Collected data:
◇ ◇ ◇ ◇ ◇

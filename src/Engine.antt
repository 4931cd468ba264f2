-- ===== src/Engine.antt =====
-- crates/cuepool/src/engine.rs: `ShowEngine`, the part of the program that runs a show.
pub mod State
pub mod Stops
pub mod Transport
pub mod Play
pub mod Dispatch
pub mod Ticks
pub mod Run
pub mod Total
pub mod Answered
pub mod Keeps
pub mod Preserve
pub mod Checks
pub mod Outer
pub mod Invariants
pub mod Clock
pub mod Halves
pub mod Quiet
pub mod Seeks
pub mod Single
pub mod Pauses
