-- ===== src/Sequence/Rank.antt =====
-- How far down the list of crates/cuepool/src/engine.rs a cue number stands: the measure by which a
-- chain of following cues ends.
use cue_pool.Base.{
  ℕ, suc, ◌≤◌, ◌<◌, ◌≡◌, sym, false, some, List, [], ◌∷◌, map, arith, if◌then◌else◌, length, In,
  In-map, Distinct, Bool-cases, inl, inr, subst,
}
use cue_pool.Cue.{Cue, qid}
use cue_pool.Sequence.{has_qid, after_last_in, next_after_last}

-- The cues from the first one numbered `q` to the end.
unfoldable pub rank : List Cue → ℕ → ℕ
rank [] q = 0
rank (c ∷ cs) q = if has_qid q c then suc (length cs) else rank cs q

pub rank-le-length : (cues : List Cue) (q : ℕ) → rank cues q ≤ length cues
unfolding rank
rank-le-length [] q = omega arith
rank-le-length (c ∷ cs) q = ground (arith, rank-le-length cs q)

after_last_in-In : (cs : List Cue) (c : Cue) → after_last_in cs ≡ some c → In c cs
unfolding after_last_in
after_last_in-In [] c e = cc
after_last_in-In (d ∷ ds) c e = ground (arith, after_last_in-In ds c)

pub next_after_last-In :
    (cues : List Cue) (q : ℕ) (c : Cue) → next_after_last cues q ≡ some c → In c cues
unfolding next_after_last
next_after_last-In [] q c e = cc
next_after_last-In (d ∷ ds) q c e = ground (arith, next_after_last-In ds q c, after_last_in-In ds c)

-- In a list of distinct numbers the head is not numbered like a later cue.
head_ne :
    (d : Cue) (ds : List Cue) (c : Cue)
    → Distinct (map qid (d ∷ ds))
    → In c ds
    → has_qid (qid c) d ≡ false
head_ne d ds c h m = elim (Bool-cases (has_qid (qid c) d)) [
  | inl same ↦
      let e : qid d ≡ qid c = ground arith in
      absurd (h.0 (subst (λ q. In q (map qid ds)) (sym e) (In-map qid c ds m)))
  | inr other ↦ other
]

-- Where numbers are distinct, what follows a cue by itself stands below it.
pub next_after_last-rank :
    (cues : List Cue) (q : ℕ) (c : Cue)
    → Distinct (map qid cues)
    → next_after_last cues q ≡ some c
    → rank cues (qid c) < rank cues q
unfolding next_after_last rank
next_after_last-rank [] q c h e = cc
next_after_last-rank (d ∷ ds) q c h e = elim (Bool-cases (has_qid q d)) [
  | inl here ↦
      let m = after_last_in-In ds c (ground arith) in
      rw (here, head_ne d ds c h m) (omega (arith, rank-le-length ds (qid c)))
  | inr other ↦
      let e' : next_after_last ds q ≡ some c = ground arith in
      rw (other, head_ne d ds c h (next_after_last-In ds q c e'))
        (next_after_last-rank ds q c h.1 e')
]
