-- ===== src/Mixer.antt =====
-- crates/cuepool-audio/src/mixer.rs: one input of the mixer, as the control thread reads and writes
-- it. A gain (f32) is in thousandths. The source chain behind an input is known by its position,
-- length, channel count and rate; what it plays is not modelled.
pub mod Level
use cue_pool.Base.{
  ℕ, ◌+◌, ◌-◌, ◌/◌, ◌==◌, Bool, true, false, not, ◌&&◌, ◌||◌, Option, none, some, List, [],
  if◌then◌else◌, max,
}
use cue_pool.Base.Int.{ℤ, pos, negsuc, ltb_ℤ}
use cue_pool.Cue.{FadeType, Crosspoint}

pub record Fade : Type 0 where
  pub fade_start : ℤ
  pub fade_target : ℤ
  pub fade_duration : ℕ
  pub fade_remaining : ℕ
  pub fade_type : FadeType
  pub fade_active : Bool

pub record Source : Type 0 where
  pub at : ℕ
  pub total : Option ℕ
  pub source_channels : ℕ
  pub rate : ℕ

pub record MixerInput : Type 0 where
  pub source : Source
  pub volume : ℤ
  pub pan : ℤ
  pub out_pair : ℕ
  pub send : ℤ
  pub input_channels : ℕ
  pub crosspoints : List Crosspoint
  pub active : Bool
  pub finished : Bool
  pub fade : Fade

-- `MixerInput::new`.
unfoldable pub new_input : Source → MixerInput
new_input s = record {
  source = s;
  volume = pos 1000;
  pan = pos 0;
  out_pair = 0;
  send = pos 1000;
  input_channels = max s.source_channels 1;
  crosspoints = [];
  active = true;
  finished = false;
  fade = record {
    fade_start = pos 1000;
    fade_target = pos 1000;
    fade_duration = 0;
    fade_remaining = 0;
    fade_type = FadeType.linear;
    fade_active = false;
  };
}

-- `f32::max` and `f32::clamp` on scaled values.
abbrev pub max_zero : ℤ → ℤ
max_zero (pos n) = pos n
max_zero (negsuc n) = pos 0

abbrev pub clamp_unit : ℤ → ℤ
clamp_unit p =
    if ltb_ℤ p (negsuc 999) then negsuc 999 else if ltb_ℤ (pos 1000) p then pos 1000 else p

unfoldable pub set_volume : ℤ → MixerInput → MixerInput
set_volume v i = record i { volume = v }

unfoldable pub set_volume_live : ℤ → MixerInput → MixerInput
set_volume_live v i =
    if i.fade.fade_active && ltb_ℤ (pos 0) i.fade.fade_target
    then record i { volume = v; fade = record (i.fade) { fade_target = v } }
    else record i { volume = v }

unfoldable pub set_pan : ℤ → MixerInput → MixerInput
set_pan p i = record i { pan = clamp_unit p }

unfoldable pub set_routing : ℕ → ℤ → List Crosspoint → MixerInput → MixerInput
set_routing pair s points i = record i { out_pair = pair; send = max_zero s; crosspoints = points }

unfoldable pub set_active : Bool → MixerInput → MixerInput
set_active b i = record i { active = b }

unfoldable pub seek : ℕ → MixerInput → MixerInput
seek sample i = record i { source = record (i.source) { at = sample }; finished = false }

unfoldable pub start_fade : ℤ → ℕ → FadeType → MixerInput → MixerInput
start_fade target frames kind i = record i {
  fade = record {
    fade_start = i.volume;
    fade_target = target;
    fade_duration = frames;
    fade_remaining = frames;
    fade_type = kind;
    fade_active = true;
  };
}

unfoldable pub cancel_fade : MixerInput → MixerInput
cancel_fade i = record i {
  volume = i.fade.fade_start;
  fade = record (i.fade) { fade_active = false; fade_remaining = 0 };
}

-- The part of `render` behind the fade's loop: what is left of the fade is stored, and a fade that
-- has run out leaves its target as the volume; one to silence ends the input.
unfoldable pub end_fade : ℕ → MixerInput → MixerInput
end_fade remaining i =
    if remaining == 0
    then record i {
      volume = i.fade.fade_target;
      active = ltb_ℤ (pos 0) i.fade.fade_target && i.active;
      finished = not (ltb_ℤ (pos 0) i.fade.fade_target) || i.finished;
      fade = record (i.fade) { fade_active = false; fade_remaining = 0 };
    }
    else record i { fade = record (i.fade) { fade_remaining = remaining } }

-- The round of `render` for one input, once its source has delivered `read` samples: the fade's
-- frames, its end, and the end of the source. The gains that the samples are mixed at are not
-- modelled.
unfoldable pub render_input : ℕ → MixerInput → MixerInput
unfolding end_fade
render_input read i =
    let moved : MixerInput = record i { source = record (i.source) { at = i.source.at + read } } in
    if not i.active
    then i
    else if read == 0
    then record i { finished = true }
    else if i.fade.fade_active
    then end_fade (i.fade.fade_remaining - read / max i.input_channels 1) moved
    else moved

◇ ◇ ◇ ◇ ◇

### Task directions
A single figure is required: the number of lines above in which the string "unfoldable" appears.

### The answer
12